Aim of the task: What lines below contain the string "subst"? List them all.

== Segment start ==

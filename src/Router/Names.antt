-- ===== src/Router/Names.antt =====
-- src/router.rs: which host names `from_yaml` hands to the hosts file.
use nyasniproxy.Base.{
  ok_same, ℕ, Bool, true, false, not, ◌&&◌, ◌||◌, List, [], ◌∷◌, ◌++◌, Option, Bytes, Error, ok,
  ◌≡◌, ◌≢◌, refl, sym, ap, ap₂, ◌∙◌, inl, inr, arith, is_empty, any, All, bytes_eq, bytes_eq_iff,
  Bool-cases, bail_if, or_fail, bind-eq-ok, to_ascii_lowercase, subst, All-append,
}
use nyasniproxy.Target.{is_valid_hostname}
use nyasniproxy.Proxy.{Url, ProxyConfig}
use nyasniproxy.Config.{FileConfig}
use nyasniproxy.Config.Parse.{is_default}
use nyasniproxy.Router.{
  Hop, Runtime, load_proxies, resolve, Build, add_host, add_rule, add_rules, HashWrite, empty_build,
  from_yaml,
}
use nyasniproxy.Router.Sorting.{Distinct, sort_by_key-All}
use nyasniproxy.Router.RuleKeys.{is_rule_key, add_rules-All, own_keys}
use nyasniproxy.Router.Ordered.{Ordered, sort_by_key-Ordered, sort_by_key-Distinct, any-sort_by_key}

-- A list has a name in any case.
abbrev pub named : Bytes → List Bytes → Bool
named host names = any (λ n. bytes_eq (to_ascii_lowercase n) host) names

-- A rule has a host as its key, in any case.
abbrev pub has_rule : Bytes → List (Bytes × List Bytes) → Bool
has_rule host rules =
    any (λ r. not (is_default r.0) && bytes_eq (to_ascii_lowercase r.0) host) rules

-- The host names are those seen so far, once each.
pub record IsSeen (b : Build) : Type 0 where
  pub same_names : (host : Bytes) → any (bytes_eq host) b.seen ≡ named host b.hostnames
  pub distinct : Distinct to_ascii_lowercase b.hostnames

any-append :
    (f : Bytes → Bool) (xs : List Bytes) (y : Bytes) → any f (xs ++ (y ∷ [])) ≡ (f y || any f xs)
any-append f [] y = ground arith
any-append f (x ∷ xs) y = ground (arith, any-append f xs y)

bytes_eq_comm : (a b : Bytes) → bytes_eq a b ≡ bytes_eq b a
unfolding bytes_eq
bytes_eq_comm [] [] = refl
bytes_eq_comm [] (y ∷ b) = refl
bytes_eq_comm (x ∷ a) [] = refl
bytes_eq_comm (x ∷ a) (y ∷ b) = ground (arith, bytes_eq_comm a b)

-- A name that a list does not have differs from each of its names.
named-apart :
    (key : Bytes) (names : List Bytes)
    → named (to_ascii_lowercase key) names ≡ false
    → All (λ n. to_ascii_lowercase n ≢ to_ascii_lowercase key) names
named-apart key [] h = tt
named-apart key (n ∷ names) h =
    elim (Bool-cases (bytes_eq (to_ascii_lowercase n) (to_ascii_lowercase key))) [
      | inl t ↦ cc (rw t at h)
      | inr f ↦ ((λ e. cc ((bytes_eq_iff _ _).1 e, f)), named-apart key names (rw f at h))
    ]

Distinct-append :
    (names : List Bytes) (key : Bytes)
    → Distinct to_ascii_lowercase names
    → All (λ n. to_ascii_lowercase n ≢ to_ascii_lowercase key) names
    → Distinct to_ascii_lowercase (names ++ (key ∷ []))
Distinct-append [] key d h = (tt, tt)
Distinct-append (n ∷ names) key d h =
    (All-append _ names (key ∷ []) d.0 (h.0, tt), Distinct-append names key d.1 h.1)

add_host-IsSeen :
    (b : Build) (key : Bytes) (hops : List Hop)
    → IsSeen b
    → IsSeen (add_host b key hops)
      × ((host : Bytes)
          → named host (add_host b key hops).hostnames
            ≡ (bytes_eq (to_ascii_lowercase key) host || named host b.hostnames))
unfolding add_host
add_host-IsSeen b key hops s = elim (Bool-cases (any (bytes_eq (to_ascii_lowercase key)) b.seen)) [
  | inl t ↦ rw t (record { same_names = s.same_names; distinct = s.distinct }, λ host. known host t)
  | inr f ↦ rw f (
    record {
      same_names = λ host.
          ap₂ ◌||◌ (bytes_eq_comm host (to_ascii_lowercase key)) (s.same_names host)
          ∙ sym (any-append _ b.hostnames key);
      distinct =
          Distinct-append b.hostnames key s.distinct
            (named-apart key b.hostnames (sym (s.same_names (to_ascii_lowercase key)) ∙ f));
    },
    λ host. any-append _ b.hostnames key,
  )
]
  where
    known :
        (host : Bytes)
        → any (bytes_eq (to_ascii_lowercase key)) b.seen ≡ true
        → named host b.hostnames
          ≡ (bytes_eq (to_ascii_lowercase key) host || named host b.hostnames)
    known host t = elim (Bool-cases (bytes_eq (to_ascii_lowercase key) host)) [
      | inr f ↦ rw f refl
      | inl same ↦ rw same (
          subst (λ h. named h b.hostnames ≡ true) ((bytes_eq_iff _ _).0 same)
            (sym (s.same_names (to_ascii_lowercase key)) ∙ t))
    ]

-- The names after some rules.
pub record Names (rules : List (Bytes × List Bytes)) (b b' : Build) : Type 0 where
  pub seen_is : IsSeen b'
  pub named_is :
      (host : Bytes) → named host b'.hostnames ≡ (has_rule host rules || named host b.hostnames)

pub add_rule-Names :
    (proxies : List (Bytes × ProxyConfig)) (key : Bytes) (names : List Bytes) (b : Build)
    {b' : Build}
    → IsSeen b
    → add_rule proxies key names b ≡ ok b'
    → Names ((key, names) ∷ []) b b'
unfolding add_rule
add_rule-Names proxies key names b s e = elim (Bool-cases (is_default key)) [
  | inl d ↦
      let (hops, resolved, e1) = bind-eq-ok (resolve proxies names) _ (rw d at e) in
      subst (Names ((key, names) ∷ []) b) (ok_same e1) (record {
        seen_is = record { same_names = s.same_names; distinct = s.distinct };
        named_is = λ host. rw d refl;
      })
  | inr r ↦
      let (u, valid, e1) = bind-eq-ok (bail_if (not (is_valid_hostname key)) _) _ (rw r at e) in
      let (hops, resolved, e2) = bind-eq-ok (resolve proxies names) _ e1 in
      let (seen, adds) = add_host-IsSeen b key hops s in
      subst (Names ((key, names) ∷ []) b) (ok_same e2)
        (record { seen_is = seen; named_is = λ host. rw r (adds host ∙ ground arith) })
]

or_shuffle : (x r n : Bool) → (r || ((x || false) || n)) ≡ ((x || r) || n)
or_shuffle true true n = refl
or_shuffle true false n = refl
or_shuffle false true n = refl
or_shuffle false false n = refl

add_rules-Names :
    (proxies : List (Bytes × ProxyConfig)) (rules : List (Bytes × List Bytes)) (b : Build)
    {b' : Build}
    → IsSeen b
    → add_rules proxies rules b ≡ ok b'
    → Names rules b b'
unfolding add_rules
add_rules-Names proxies [] b s e =
    subst (Names [] b) (ok_same e) (record { seen_is = s; named_is = λ host. refl })
add_rules-Names proxies ((key, names) ∷ rules) b s e =
    let (mid, here, rest) = bind-eq-ok (add_rule proxies key names b) _ e in
    let first = add_rule-Names proxies key names b s here in
    let later = add_rules-Names proxies rules mid first.seen_is rest in
    record {
      seen_is = later.seen_is;
      named_is = λ host.
          later.named_is host
          ∙ ap (◌||◌ (has_rule host rules)) (first.named_is host)
          ∙ or_shuffle (not (is_default key) && bytes_eq (to_ascii_lowercase key) host)
              (has_rule host rules) (named host b.hostnames);
    }

-- The names that a runtime gives the hosts file.
pub record IsHostList (rules : List (Bytes × List Bytes)) (names : List Bytes) : Type 0 where
  pub keys : All (λ name. is_rule_key name rules ≡ true) names
  pub exactly : (host : Bytes) → named host names ≡ has_rule host rules
  pub once : Distinct to_ascii_lowercase names
  pub sorted : Ordered to_ascii_lowercase names

or_false : (b : Bool) → (b || false) ≡ b
or_false true = refl
or_false false = refl

-- The names that go to the hosts file are keys of the rules but the default, as these spell them;
-- every such key is among them up to case, once; and they are in the order of their lower case.
pub from_yaml-IsHostList :
    (parse_url : Bytes → Option Url) (finish : List HashWrite → ℕ) (yaml : FileConfig)
    {rt : Runtime}
    → from_yaml parse_url finish yaml ≡ ok rt
    → IsHostList yaml.rules rt.hostnames
unfolding from_yaml
from_yaml-IsHostList parse_url finish yaml e =
    let (proxies, loaded, e1) = bind-eq-ok (load_proxies parse_url yaml.proxies []) _ e in
    let (b, built, e2) = bind-eq-ok (add_rules proxies yaml.rules empty_build) _ e1 in
    let (d, set, e3) = bind-eq-ok (or_fail b.default Error.default_required) _ e2 in
    let (u, filled, e4) = bind-eq-ok (bail_if (is_empty d) Error.default_empty) _ e3 in
    let n =
      add_rules-Names proxies yaml.rules empty_build
        (record { same_names = λ host. refl; distinct = tt }) built in
    subst (λ rt. IsHostList yaml.rules (Runtime.hostnames rt)) (ok_same e4)
      (record {
        keys = sort_by_key-All to_ascii_lowercase _ b.hostnames (
            add_rules-All (λ name. is_rule_key name yaml.rules ≡ true) proxies yaml.rules
              empty_build tt (own_keys yaml.rules) built);
        exactly = λ host.
            any-sort_by_key to_ascii_lowercase _ b.hostnames
            ∙ n.named_is host
            ∙ or_false (has_rule host yaml.rules);
        once = sort_by_key-Distinct to_ascii_lowercase b.hostnames n.seen_is.distinct;
        sorted = sort_by_key-Ordered to_ascii_lowercase b.hostnames;
      })
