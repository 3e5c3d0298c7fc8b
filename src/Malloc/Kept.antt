-- ===== src/Malloc/Kept.antt =====
-- The storage of a node only grows: a place leads to the same source later.
use pgasus.Common.{
  ℕ, zero, suc, ◌≡◌, refl, sym, ◌∙◌, ap, Option, none, some, List, [], ◌∷◌, ◌==◌, get_elem?, set,
  arith, Bool-cases, Option-cases, inl, inr,
}
use pgasus.Malloc.{
  Place, Local, back, get, get_node_msource, get_place_msource, get_curr_msource, settle,
}
use pgasus.Malloc.Places.{IsCurrent, top-curr, get_elem-set, place-stack}

module _ (create : ℕ → ℕ) where
  -- The sources of a storage stay what they are.
  abbrev pub Kept : Local → Local → Type 0
  Kept l l' =
      (l'.node ≡ l.node)
      × (l'.thread_msource ≡ l.thread_msource)
      × ((n ms : ℕ)
          → get_elem? l.msources n ≡ some (some ms)
          → get_elem? l'.msources n ≡ some (some ms))

  pub Kept-trans : (l l' l'' : Local) → Kept l l' → Kept l' l'' → Kept l l''
  Kept-trans l l' l'' (a, b, c) (a', b', c') = (a' ∙ a, b' ∙ b, λ i y g. c' i y (c i y g))

  elem-set :
      (xs : List (Option ℕ)) (n m c ms : ℕ)
      → get_elem? xs n ≡ some none
      → get_elem? xs m ≡ some (some ms)
      → get_elem? (set xs n (some c)) m ≡ some (some ms)
  elem-set [] n m c ms h h' = absurd (ground (arith, h))
  elem-set (x ∷ xs) zero zero c ms h h' = absurd (ground (arith, h, h'))
  elem-set (x ∷ xs) zero (suc m) c ms h h' = h'
  elem-set (x ∷ xs) (suc n) zero c ms h h' = h'
  elem-set (x ∷ xs) (suc n) (suc m) c ms h h' = elem-set xs n m c ms h h'

  get-kept :
      (n m : ℕ) (xs ys : List (Option ℕ)) (x ms : ℕ)
      → get create n xs ≡ some (ys, x)
      → get_elem? xs m ≡ some (some ms)
      → get_elem? ys m ≡ some (some ms)
  unfolding get
  get-kept n m xs ys x ms h h' = elim (Option-cases (get_elem? xs n)) [
    | inl e ↦ absurd (ground (arith, e, h))
    | inr (some old, e) ↦ ground (arith, e, h, h')
    | inr (none, e) ↦ ground (arith, e, h, elem-set xs n m (create n) ms e h')
  ]

  get-present :
      (n : ℕ) (xs ys : List (Option ℕ)) (ms : ℕ)
      → get create n xs ≡ some (ys, ms)
      → get_elem? ys n ≡ some (some ms)
  unfolding get
  get-present n xs ys ms h = elim (Option-cases (get_elem? xs n)) [
    | inl e ↦ absurd (ground (arith, e, h))
    | inr (some old, e) ↦ ground (arith, e, h)
    | inr (none, e) ↦ ground (arith, e, h, get_elem-set create xs n none (some (create n)) e)
  ]

  get-found :
      (n : ℕ) (xs : List (Option ℕ)) (ms : ℕ)
      → get_elem? xs n ≡ some (some ms)
      → get create n xs ≡ some (xs, ms)
  unfolding get
  get-found n xs ms e = rw (get, e) refl

  pub place-Kept :
      (p : Place) (l l' : Local) (ms : ℕ) → get_place_msource create p l ≡ some (l', ms) → Kept l l'
  unfolding get_place_msource get_node_msource
  place-Kept (Place.on_source x) l l' ms h = (
    (place-stack create (Place.on_source x) l l' ms h).1,
    (place-stack create (Place.on_source x) l l' ms h).2,
    λ i y g. ground (arith, h, g),
  )
  place-Kept (Place.on_node n) l l' ms h = elim (Bool-cases (n == l.node)) [
    | inl e ↦ (
      (place-stack create (Place.on_node n) l l' ms h).1,
      (place-stack create (Place.on_node n) l l' ms h).2,
      λ i y g. ground (arith, e, h, g),
    )
    | inr e ↦ elim (Option-cases (get create n l.msources)) [
      | inl f ↦ absurd (ground (arith, e, f, h))
      | inr ((ys, x), f) ↦ (
        (place-stack create (Place.on_node n) l l' ms h).1,
        (place-stack create (Place.on_node n) l l' ms h).2,
        λ i y g. ground (arith, e, f, h, get-kept n i l.msources ys x y f g),
      )
    ]
  ]

  -- A place that is settled in `l` leads to the same source in a thread whose storage has grown.
  place-same :
      (p : Place) (l l' : Local) (ms : ℕ)
      → get_place_msource create p l ≡ some (l, ms)
      → Kept l l'
      → get_place_msource create p l' ≡ some (l', ms)
  unfolding get_place_msource get_node_msource
  place-same (Place.on_source x) l l' ms h kept = ground (arith, h)
  place-same (Place.on_node n) l l' ms h (node, thread, kept) = elim (Bool-cases (n == l.node)) [
    | inl e ↦ ground (arith, e, node, thread, h)
    | inr e ↦ elim (Option-cases (get create n l.msources)) [
      | inl f ↦ absurd (ground (arith, e, f, h))
      | inr ((ys, x), f) ↦
          let here : get_elem? l.msources n ≡ some (some ms) =
            ground (arith, e, f, h, get-present n l.msources ys x f) in
          ground (arith, e, node, get-found n l'.msources ms (kept n ms here))
    ]
  ]

  pub curr-same :
      (l l' : Local)
      → IsCurrent create l
      → Kept l l'
      → l'.place_stack ≡ l.place_stack
      → get_curr_msource create l' ≡ some (l', l.curr_msource)
  unfolding IsCurrent get_curr_msource
  curr-same l l' current (node, thread, kept) same = elim (Option-cases (back l.place_stack)) [
    | inl e ↦ ground (arith, ap back same, e, current, thread)
    | inr (p, e) ↦
        top-curr create l' p (ap back same ∙ e)
        ∙ place-same p l l' l.curr_msource (sym (top-curr create l p e) ∙ current)
            (node, thread, kept)
  ]

  pub settle-Kept :
      (l l' : Local) (r : Option (Local × ℕ))
      → ((l1 : Local) (ms : ℕ) → r ≡ some (l1, ms) → Kept l l1)
      → settle create r ≡ some l'
      → Kept l l'
  unfolding settle
  settle-Kept l l' none h e = absurd (ground (arith, e))
  settle-Kept l l' (some (l1, ms)) h e =
      let (node, thread, kept) = h l1 ms refl in
      (ground (arith, e, node), ground (arith, e, thread), λ i y g. ground (arith, e, kept i y g))

  pub curr-Kept : (l l' : Local) (ms : ℕ) → get_curr_msource create l ≡ some (l', ms) → Kept l l'
  unfolding get_curr_msource
  curr-Kept l l' ms h = elim (Option-cases (back l.place_stack)) [
    | inl e ↦ (ground (arith, e, h), ground (arith, e, h), λ i y g. ground (arith, e, h, g))
    | inr (p, e) ↦ place-Kept p l l' ms (sym (top-curr create l p e) ∙ h)
  ]
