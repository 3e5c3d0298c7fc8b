-- ===== src/Malloc/Moving.antt =====
-- The places of a task move with it from one thread to another.
use pgasus.Common.{All, ℕ, ◌≡◌, refl, some, [], length}
use pgasus.Malloc.{Local, back, get_curr_msource, pop_all, push_all}
use pgasus.Malloc.Places.{IsCurrent, InRange, IsSettled, settle-IsSettled}

module _ (create : ℕ → ℕ) where
  -- A thread without places uses its own source.
  pop_all-IsSettled : (l : Local) → IsSettled create (pop_all create l).0
  unfolding pop_all IsCurrent get_curr_msource back
  pop_all-IsSettled l = record { current = refl; ranged = tt }

  -- The places of one thread that are taken off by pop_all and put on another one, which has none, by
  -- push_all: they are the stack there, in order, and both threads use the source of their top place.
  pub push_all-pop_all :
      (l other : Local)
      → other.place_stack ≡ []
      → All (InRange (length other.msources)) l.place_stack
      → (other' : Local) × (push_all create (pop_all create l).1 other ≡ some other')
        × IsSettled create other'
        × (other'.place_stack ≡ l.place_stack)
        × IsSettled create (pop_all create l).0
        × ((pop_all create l).0.place_stack ≡ [])
  unfolding push_all pop_all
  push_all-pop_all l other empty ranged =
      let (other', e, s, same) =
        settle-IsSettled create (record other { place_stack = l.place_stack }) ranged in
      (other', rw empty e, s, same, pop_all-IsSettled l, refl)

== Segment end ==

Exercise solution:
  Bool-cases, bail_if, or_fail, bind-eq-ok, to_ascii_lowercase, subst, All-append,
          subst (λ h. named h b.hostnames ≡ true) ((bytes_eq_iff _ _).0 same)
      subst (Names ((key, names) ∷ []) b) (ok_same e1) (record {
      subst (Names ((key, names) ∷ []) b) (ok_same e2)
    subst (Names [] b) (ok_same e) (record { seen_is = s; named_is = λ host. refl })
    subst (λ rt. IsHostList yaml.rules (Runtime.hostnames rt)) (ok_same e4)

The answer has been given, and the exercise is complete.